We have an issue for that here: https://issues.hibernatingrhinos.com/issue/RavenDB-13912
If it gets enough votes, we'll prioritize.
That said, comparing Hangfire and RavenDB subscriptions, what is the difference?
in raven we can only have 1 worker connected. desperately asking/wishing for a competing consumer scenario with ravendb subscriptions on steroids :)
i think you already blogged about this after i sent an email to the raven maillist. i know it's probably not that easy to implement. just saying every single project i was we had a need for this and in the end we're firing up a redis instance. feels like raven has everything to provide this in a very nice way!
That is actually something that we are working on right now. We are going to support concurrent subscriptions soon. Given that it will be supported, what else would you need?
RavenDB Subscriptions may give the underlying mechanism for a worker queue (once we have concurrent workers). But Hangfire has so much included: nice API, scheduled jobs, batches, continuations. The Hangfire management UI is very good too.
Yes, makes perfect sense
Even though the benefits of an async queue are indisputable, I will respectfully point out that you brush over or ignore the drawbacks. More precisely you present this as a catch all approach for any system in any domain, at any stage of evolution. The main reason systems grow the wrong way is many people working over them over many years. I have learned that taking a conservative approach to accidental complexity of any kind, introducing it only when a valid reason exists (load, domain, team structures etc.) and favoring readability and easy to reason about systems will help to keep delivering value in the long term. Existing accidental complexity does not get eliminated, only moved elsewhere. In the absence of more context on when to use this ("always" is implied) this looks like overengineering. I think we agree that your sync code example is much easier to reason about than your async one. "Well, it is a bit more complex to manage in the user interface", "And you can play games on the front end" hides a lot of complexity in the FE to accommodate async patterns. Your "At more advanced levels" section presents no benefits really, doing these things in a sync pattern is exactly the same as in async, the complexity is moved to the infrastructure instead of the code.
Great comment, I answered it here:
This pattern has a name: asynchronous request-response.

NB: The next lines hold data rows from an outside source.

-- ===== src/Binding/Body/Refusals.antt =====
-- The errors of a body that cannot be read, and the bodies that can.
use golang_postgres_starter.Base.{
  is_empty, ℕ, Text, Bool, true, false, ◌&&◌, ltb, if◌then◌else◌, nat_eq, text_eq, List, [], ◌∷◌,
  length, ◌≤◌, Option, none, some, ◌≡◌, ◌≢◌, refl, inl, inr, ◌⊎◌, Bool-cases, arith, if-both,
}
use golang_postgres_starter.Strconv.{ℤ}
use golang_postgres_starter.Problem.{ProblemKindId, bad_request, payload_too_large}
use golang_postgres_starter.Problem.Errors.{GoError}
use golang_postgres_starter.Binding.Body.{
  JsonError, json_problem, unknown_member, semantic_or, syntactic_or,
}
use golang_postgres_starter.Binding.Wire.{Wire, End, finished, over_limit, broken, refuse, limited}

-- A problem with one of two statuses: a bad request or a payload that is too large.
abbrev pub IsUnreadable : GoError → Type 0
IsUnreadable err =
    (kind : ProblemKindId) × (detail : Text) × (err ≡ refuse kind detail)
    × ((kind ≡ bad_request) ⊎ (kind ≡ payload_too_large))

pub too_large_problem : (detail : Text) → IsUnreadable (refuse payload_too_large detail)
too_large_problem detail = (payload_too_large, detail, refl, inr refl)

pub bad_problem : (detail : Text) → IsUnreadable (refuse bad_request detail)
bad_problem detail = (bad_request, detail, refl, inl refl)

unknown_member-IsUnreadable :
    (quote : Text → Text) (pointer : Option Text) (message : Text)
    → IsUnreadable (unknown_member quote pointer message)
unfolding unknown_member
unknown_member-IsUnreadable quote none message = bad_problem _
unknown_member-IsUnreadable quote (some []) message = bad_problem _
unknown_member-IsUnreadable quote (some (c ∷ cs)) message = bad_problem _

semantic_or-IsUnreadable :
    (quote : Text → Text) (pointer : Option Text) (rest : GoError)
    → IsUnreadable rest
    → IsUnreadable (semantic_or quote pointer rest)
semantic_or-IsUnreadable quote none rest h = h
semantic_or-IsUnreadable quote (some pointer) rest h = bad_problem _

syntactic_or-IsUnreadable :
    (quote : Text → Text) (offset : Option ℤ) (rest : GoError)
    → IsUnreadable rest
    → IsUnreadable (syntactic_or quote offset rest)
syntactic_or-IsUnreadable quote none rest h = h
syntactic_or-IsUnreadable quote (some offset) rest h = bad_problem _

pub json_problem-IsUnreadable :
    (quote : Text → Text) (e : JsonError) → IsUnreadable (json_problem quote e)
unfolding json_problem
json_problem-IsUnreadable quote e = if-both IsUnreadable _ _ _ (too_large_problem _) (
    syntactic_or-IsUnreadable quote e.syntactic _ (
      if-both IsUnreadable e.is_unexpected_eof _ _ (bad_problem _) (
        if-both IsUnreadable e.is_unknown_name _ _
          (unknown_member-IsUnreadable quote e.semantic e.message)
          (semantic_or-IsUnreadable quote e.semantic _
            (if-both IsUnreadable e.is_eof _ _ (bad_problem _) (bad_problem _))))))

-- What a stream that ends well says of the wire.
pub record IsWhole (limit : ℕ) (wire : Wire) : Type 0 where
  pub within : length wire.bytes ≤ limit
  pub intact : wire.is_broken ≡ false

whole_end : (b : Bool) → ◌≡◌ {A = End} (if b then broken else finished) finished → b ≡ false
whole_end true h = cc
whole_end false h = refl

pub has_bytes :
    (required : Bool) (bytes : List ℕ)
    → (required && is_empty bytes) ≡ false
    → required ≡ true
    → bytes ≢ []
has_bytes true [] h needed = cc
has_bytes true (b ∷ bs) h needed = λ e. cc
has_bytes false bytes h needed = cc

over-ne-finished : over_limit ≢ finished
over-ne-finished h = cc

pub limited-finished :
    (limit : ℕ) (wire : Wire)
    → (limited limit wire).end ≡ finished
    → IsWhole limit wire × (limited limit wire ≡ record { bytes = wire.bytes; end = finished })
unfolding limited
limited-finished limit wire h = elim (Bool-cases (ltb limit (length wire.bytes))) [
  | inl more ↦ absurd (over-ne-finished (rw more at h))
  | inr fits ↦
      let intact = whole_end wire.is_broken (rw fits at h) in
      (record { within = ground (arith, fits); intact = intact }, rw fits (rw intact refl))
]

I seen another problem with a queue-backed system: lack of feedback after you send a message. What if the data you sent is not valid from the point of view of processing system (consumer)? There's no way to know unless you put your validation in the producing application, which in my opinion kills most of the benefits of the queue idea, even more so if you have several consumers
There are two types of validations in this context.
There is the "email address looks right to me" or "age must be >= 0 and < 120" and then there is a "the credit card charge went through".
For the first time, you do that inline, because they are cheap. For the second part, this is expensive, and you need to build some manner for reporting errors anyway.
Note that in this case, a lot of the complexity around this has been removed. You do minimal frontend validation, then post the message, then you can just check the state. The boundary between the system is easy.
Oren, that's precisely what I'm talking about. Lightweight validation can be done before sending the messsage, sure. You absolutely need a feedback from all the downstream systems. Not sure I can easily put together the implementation for that, but still. Without the feedback it's a nightmare such approach is difficult to troubeshoot. I heard people say "just use queue for everything, it's better arhitecture and throughtput is higher" which I totally disagree with.
Even if you have all the validation in the backend, that is still pretty good. The turn around time for most validation is going to be minimal, but your code will be ready for delays if needed.